■ Assigned task
Among the entries below, find every line that has "vista" and pull it out.

Source data:
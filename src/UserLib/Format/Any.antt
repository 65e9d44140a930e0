-- ===== src/UserLib/Format/Any.antt =====
-- `vprintfmt` of scheduler/lib/printfmt.c does with every `putch` the same: it prints one text.
use features_operating_syste.Prelude.{
  ℕ, ◌≡◌, refl, ap, sym, ◌∙◌, Option, none, some, List, [], ◌∷◌, ◌++◌,
}
use features_operating_syste.UserLib.Format.Numbers.{Argumento}
use features_operating_syste.UserLib.Format.Run.{vprintfmt}
use features_operating_syste.UserLib.Format.Lift.{vprintfmt-h}

-- Every character of a text, in order.
abbrev pub volcar : {S : Type 0} → (ℕ → S → S) → List ℕ → S → S
volcar putch [] s = s
volcar putch (c ∷ l) s = volcar putch l (putch c s)

-- The text itself: what a `putch` that collects the characters is given.
abbrev pub texto : List ℕ → List Argumento → Option (List ℕ)
texto fmt args = vprintfmt (λ c l. l ++ (c ∷ [])) fmt args []

volcar-append :
    {S : Type 0} (putch : ℕ → S → S) (l : List ℕ) (c : ℕ) (s : S)
    → volcar putch (l ++ (c ∷ [])) s ≡ putch c (volcar putch l s)
volcar-append putch [] c s = refl
volcar-append putch (x ∷ l) c s = volcar-append putch l c (putch x s)

-- Whatever `putch` does, `vprintfmt` calls it on the characters of one text, in order, which depends on the
-- format and the arguments alone; and it gives a result for every `putch`, or for none.
vprintfmt-texto :
    {S : Type 0} (putch : ℕ → S → S) (fmt : List ℕ) (args : List Argumento) (s : S)
    → vprintfmt putch fmt args s
      ≡ elim (texto fmt args) [ none ↦ none | some l ↦ some (volcar putch l s) ]
vprintfmt-texto putch fmt args s = sym (
    vprintfmt-h (λ c l. l ++ (c ∷ [])) putch (λ l. volcar putch l s)
      (λ c l. volcar-append putch l c s) fmt args [])

pub vprintfmt-volcar :
    {S : Type 0} (putch : ℕ → S → S) (fmt : List ℕ) (args : List Argumento) (s : S) {l : List ℕ}
    → texto fmt args ≡ some l
    → vprintfmt putch fmt args s ≡ some (volcar putch l s)
vprintfmt-volcar {S} putch fmt args s e =
    vprintfmt-texto putch fmt args s
    ∙ ap
        (λ (t : Option (List ℕ)). elim t as (λ x. Option S) [
          | none ↦ none
          | some l ↦ some (volcar putch l s)
        ])
        e
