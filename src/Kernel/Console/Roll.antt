-- ===== src/Kernel/Console/Roll.antt =====
-- The screen of scheduler/kern/console.c as the lower end of a roll of paper: what is written stays, and
-- the screen shows 25 rows of it.
use features_operating_syste.Prelude.{
  ℕ, ◌+◌, ◌-◌, ◌*◌, ◌/◌, ◌%◌, ◌^◌, ◌≤◌, ◌<◌, ◌≡◌, refl, sym, subst, Bool, true, false, List, [],
  ◌∷◌, ltb, leb, ◌==◌, if◌then◌else◌, update, arith, Bool-cases, inl, inr,
}
use features_operating_syste.Kernel.Console.Ports.{Equipo}
use features_operating_syste.Kernel.Console.Screen.{
  con_atributo, retroceder, retorno, escribir_celda, colocar, subir_filas,
}

-- The cells written so far, the place of the next one, and the first cell that the screen shows.
pub record Papel : Type 0 where
  pub tinta : ℕ → ℕ
  pub lugar : ℕ
  pub borde : ℕ

-- A backspace stops at the edge.
abbrev pub papel_atras : ℕ → Papel → Papel
papel_atras c t =
    if ltb t.borde t.lugar
    then record t {
      lugar = t.lugar - 1;
      tinta = update t.tinta (t.lugar - 1) ((c - c % 256 + 32) % 2 ^ 16);
    }
    else t

-- A character that is no tabulator, with its attribute.
abbrev pub escribir_papel : ℕ → Papel → Papel
escribir_papel c t =
    let b = c % 256 in
    if b == 8
    then papel_atras c t
    else if b == 10
    then record t { lugar = (t.lugar / 80 + 1) * 80 }
    else if b == 13
    then record t { lugar = t.lugar / 80 * 80 }
    else record t { tinta = update t.tinta t.lugar (c % 2 ^ 16); lugar = t.lugar + 1 }

-- The roll moves by a row when the place leaves the screen.
abbrev pub correr_papel : Papel → Papel
correr_papel t = if leb (t.borde + 2000) t.lugar then record t { borde = t.borde + 80 } else t

abbrev pub imprimir_simple : ℕ → Papel → Papel
imprimir_simple c t = correr_papel (escribir_papel (con_atributo c) t)

-- A tabulator is five blanks.
abbrev pub imprimir : ℕ → Papel → Papel
imprimir c t =
    if con_atributo c % 256 == 9
    then imprimir_simple 32
        (imprimir_simple 32 (imprimir_simple 32 (imprimir_simple 32 (imprimir_simple 32 t))))
    else imprimir_simple c t

abbrev pub imprimir_todo : List ℕ → Papel → Papel
imprimir_todo [] t = t
imprimir_todo (c ∷ l) t = imprimir_todo l (imprimir c t)

-- The screen shows the paper from the edge on, the place is less than `n` cells behind it, and there is
-- nothing behind the screen.
pub record Muestra {D : Type 0} (n : ℕ) (t : Papel) (e : Equipo D) : Type 0 where
  pub filas : ℕ
  pub borde_fila : t.borde ≡ filas * 80
  pub aqui : t.lugar ≡ e.crt_pos + t.borde
  pub dentro : e.crt_pos < n
  pub vista : (i : ℕ) → i < 2000 → e.crt_buf i ≡ t.tinta (t.borde + i)
  pub blanca : (i : ℕ) → t.borde + 2000 ≤ i → t.tinta i ≡ 0x0720

-- What a character does, `f` for a tabulator.
abbrev pub colocado : (Papel → Papel) → ℕ → Papel → Papel
colocado f c t = if c % 256 == 9 then f t else escribir_papel c t

pub correr_papel-si :
    (b : Bool) (s t : Papel)
    → correr_papel s ≡ s
    → correr_papel (if b then s else t) ≡ (if b then s else correr_papel t)
correr_papel-si true s t h = h
correr_papel-si false s t h = refl

module _ {D : Type 0} where
  pub subir_filas-Muestra :
      (t : Papel) (e : Equipo D) → Muestra 2080 t e → Muestra 2000 (correr_papel t) (subir_filas e)
  unfolding subir_filas
  subir_filas-Muestra t e v = elim (Bool-cases (leb 2000 e.crt_pos)) [
    | inl q ↦
        let corre : leb (t.borde + 2000) t.lugar ≡ true = ground (arith, q, v.aqui) in
        rw (q, corre)
          (record {
            filas = v.filas + 1;
            borde_fila = omega (arith, v.borde_fila);
            aqui = ground (arith, q, v.aqui);
            dentro = ground (arith, q, v.dentro);
            vista = λ i h. elim (Bool-cases (ltb i 1920)) [
              | inl m ↦
                  let j : t.borde + 80 + i ≡ t.borde + (i + 80) = omega arith in
                  rw (m, j) (v.vista (i + 80) (ground (arith, m)))
              | inr m ↦
                  let k : ltb i 2000 ≡ true = ground (arith, h) in
                  rw (m, k) (sym (v.blanca (t.borde + 80 + i) (ground (arith, m))))
            ];
            blanca = λ i h. v.blanca i (omega (arith, h));
          })
    | inr q ↦
        let queda : leb (t.borde + 2000) t.lugar ≡ false = ground (arith, q, v.aqui) in
        rw (q, queda)
          (record {
            filas = v.filas;
            borde_fila = v.borde_fila;
            aqui = v.aqui;
            dentro = ground (arith, q);
            vista = λ i h. v.vista i h;
            blanca = λ i h. v.blanca i h;
          })
  ]

  escribir_celda-Muestra :
      (c : ℕ) (t : Papel) (e : Equipo D)
      → Muestra 2000 t e
      → Muestra 2080
          (record t { tinta = update t.tinta t.lugar (c % 2 ^ 16); lugar = t.lugar + 1 })
          (escribir_celda c e)
  escribir_celda-Muestra c t e v = record {
    filas = v.filas;
    borde_fila = v.borde_fila;
    aqui = ground (arith, v.aqui, v.dentro);
    dentro = ground (arith, v.aqui, v.dentro);
    vista = λ i h. ground (arith, v.aqui, v.dentro, v.vista i h);
    blanca = λ i h. ground (arith, v.aqui, v.dentro, v.blanca i h);
  }

  holgado : (t : Papel) (e : Equipo D) → Muestra 2000 t e → Muestra 2080 t e
  holgado t e v = record {
    filas = v.filas;
    borde_fila = v.borde_fila;
    aqui = v.aqui;
    dentro = omega (arith, v.dentro);
    vista = λ i h. v.vista i h;
    blanca = λ i h. v.blanca i h;
  }

  retroceder-Muestra :
      (c : ℕ) (t : Papel) (e : Equipo D)
      → Muestra 2000 t e
      → Muestra 2080 (papel_atras c t) (retroceder c e)
  retroceder-Muestra c t e v = elim (Bool-cases (ltb 0 e.crt_pos)) [
    | inl q ↦
        let antes : ltb t.borde t.lugar ≡ true = ground (arith, q, v.aqui) in
        rw (q, antes)
          (record {
            filas = v.filas;
            borde_fila = v.borde_fila;
            aqui = ground (arith, q, v.aqui);
            dentro = ground (arith, q, v.dentro);
            vista = λ i h. ground (arith, q, v.aqui, v.dentro, v.vista i h);
            blanca = λ i h. ground (arith, q, v.aqui, v.dentro, v.blanca i h);
          })
    | inr q ↦
        let borde : ltb t.borde t.lugar ≡ false = ground (arith, q, v.aqui) in
        rw (q, borde) (holgado t e v)
  ]

  retorno-Muestra :
      (t : Papel) (e : Equipo D)
      → Muestra 2080 t e
      → Muestra 2080 (record t { lugar = t.lugar / 80 * 80 }) (retorno e)
  retorno-Muestra t e v = record {
    filas = v.filas;
    borde_fila = v.borde_fila;
    aqui = omega (arith, v.aqui, v.borde_fila);
    dentro = omega (arith, v.dentro);
    vista = λ i h. v.vista i h;
    blanca = λ i h. v.blanca i h;
  }

  bajar-Muestra :
      (t : Papel) (e : Equipo D)
      → Muestra 2000 t e
      → Muestra 2080
          (record t { lugar = (t.lugar / 80 + 1) * 80 })
          (retorno (record e { crt_pos = (e.crt_pos + 80) % 2 ^ 16 }))
  bajar-Muestra t e v =
      let fila : (t.lugar + 80) / 80 * 80 ≡ (t.lugar / 80 + 1) * 80 = omega arith in
      let bajado : Muestra 2080 (record t { lugar = t.lugar + 80 })
          (record e { crt_pos = (e.crt_pos + 80) % 2 ^ 16 }) =
        record {
          filas = v.filas;
          borde_fila = v.borde_fila;
          aqui = omega (arith, v.aqui, v.dentro);
          dentro = omega (arith, v.dentro);
          vista = λ i h. v.vista i h;
          blanca = λ i h. v.blanca i h;
        } in
      subst
        (λ (n : ℕ).
          Muestra 2080 (record t { lugar = n })
            (retorno (record e { crt_pos = (e.crt_pos + 80) % 2 ^ 16 })))
        fila
        (retorno-Muestra (record t { lugar = t.lugar + 80 })
          (record e { crt_pos = (e.crt_pos + 80) % 2 ^ 16 }) bajado)

  pub colocar-Muestra :
      (tab : Equipo D → Equipo D) (f : Papel → Papel) (c : ℕ) (t : Papel) (e : Equipo D)
      → Muestra 2000 t e
      → Muestra 2000 (f t) (tab e)
      → Muestra 2080 (colocado f c t) (colocar tab c e)
  unfolding colocar
  colocar-Muestra tab f c t e v w = elim (Bool-cases (c % 256 == 9)) [
    | inl q ↦
        let n8 : (c % 256 == 8) ≡ false = ground (arith, q) in
        let n10 : (c % 256 == 10) ≡ false = ground (arith, q) in
        let n13 : (c % 256 == 13) ≡ false = ground (arith, q) in
        rw (q, n8, n10, n13) (holgado (f t) (tab e) w)
    | inr n9 ↦ elim (Bool-cases (c % 256 == 8)) [
      | inl q ↦ rw (n9, q) (retroceder-Muestra c t e v)
      | inr n8 ↦ elim (Bool-cases (c % 256 == 10)) [
        | inl q ↦ rw (n9, n8, q) (bajar-Muestra t e v)
        | inr n10 ↦ elim (Bool-cases (c % 256 == 13)) [
          | inl q ↦ rw (n9, n8, n10, q) (retorno-Muestra t e (holgado t e v))
          | inr n13 ↦ rw (n9, n8, n10, n13) (escribir_celda-Muestra c t e v)
        ]
      ]
    ]
  ]

  -- A place on the screen moves no paper.
  pub correr_papel_quieto : (t : Papel) (e : Equipo D) → Muestra 2000 t e → correr_papel t ≡ t
  correr_papel_quieto t e v =
      let queda : leb (t.borde + 2000) t.lugar ≡ false = ground (arith, v.aqui, v.dentro) in
      rw queda refl

  pub otros_puertos :
      (t : Papel) (e : Equipo D) (d : D)
      → Muestra 2000 t e
      → Muestra 2000 t (record e { puertos = d })
  otros_puertos t e d v = record {
    filas = v.filas;
    borde_fila = v.borde_fila;
    aqui = v.aqui;
    dentro = v.dentro;
    vista = λ i h. v.vista i h;
    blanca = λ i h. v.blanca i h;
  }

■ Response to this task
  pub vista : (i : ℕ) → i < 2000 → e.crt_buf i ≡ t.tinta (t.borde + i)
            vista = λ i h. elim (Bool-cases (ltb i 1920)) [
                  rw (m, j) (v.vista (i + 80) (ground (arith, m)))
            vista = λ i h. v.vista i h;
    vista = λ i h. ground (arith, v.aqui, v.dentro, v.vista i h);
    vista = λ i h. v.vista i h;
            vista = λ i h. ground (arith, q, v.aqui, v.dentro, v.vista i h);
    vista = λ i h. v.vista i h;
          vista = λ i h. v.vista i h;
    vista = λ i h. v.vista i h;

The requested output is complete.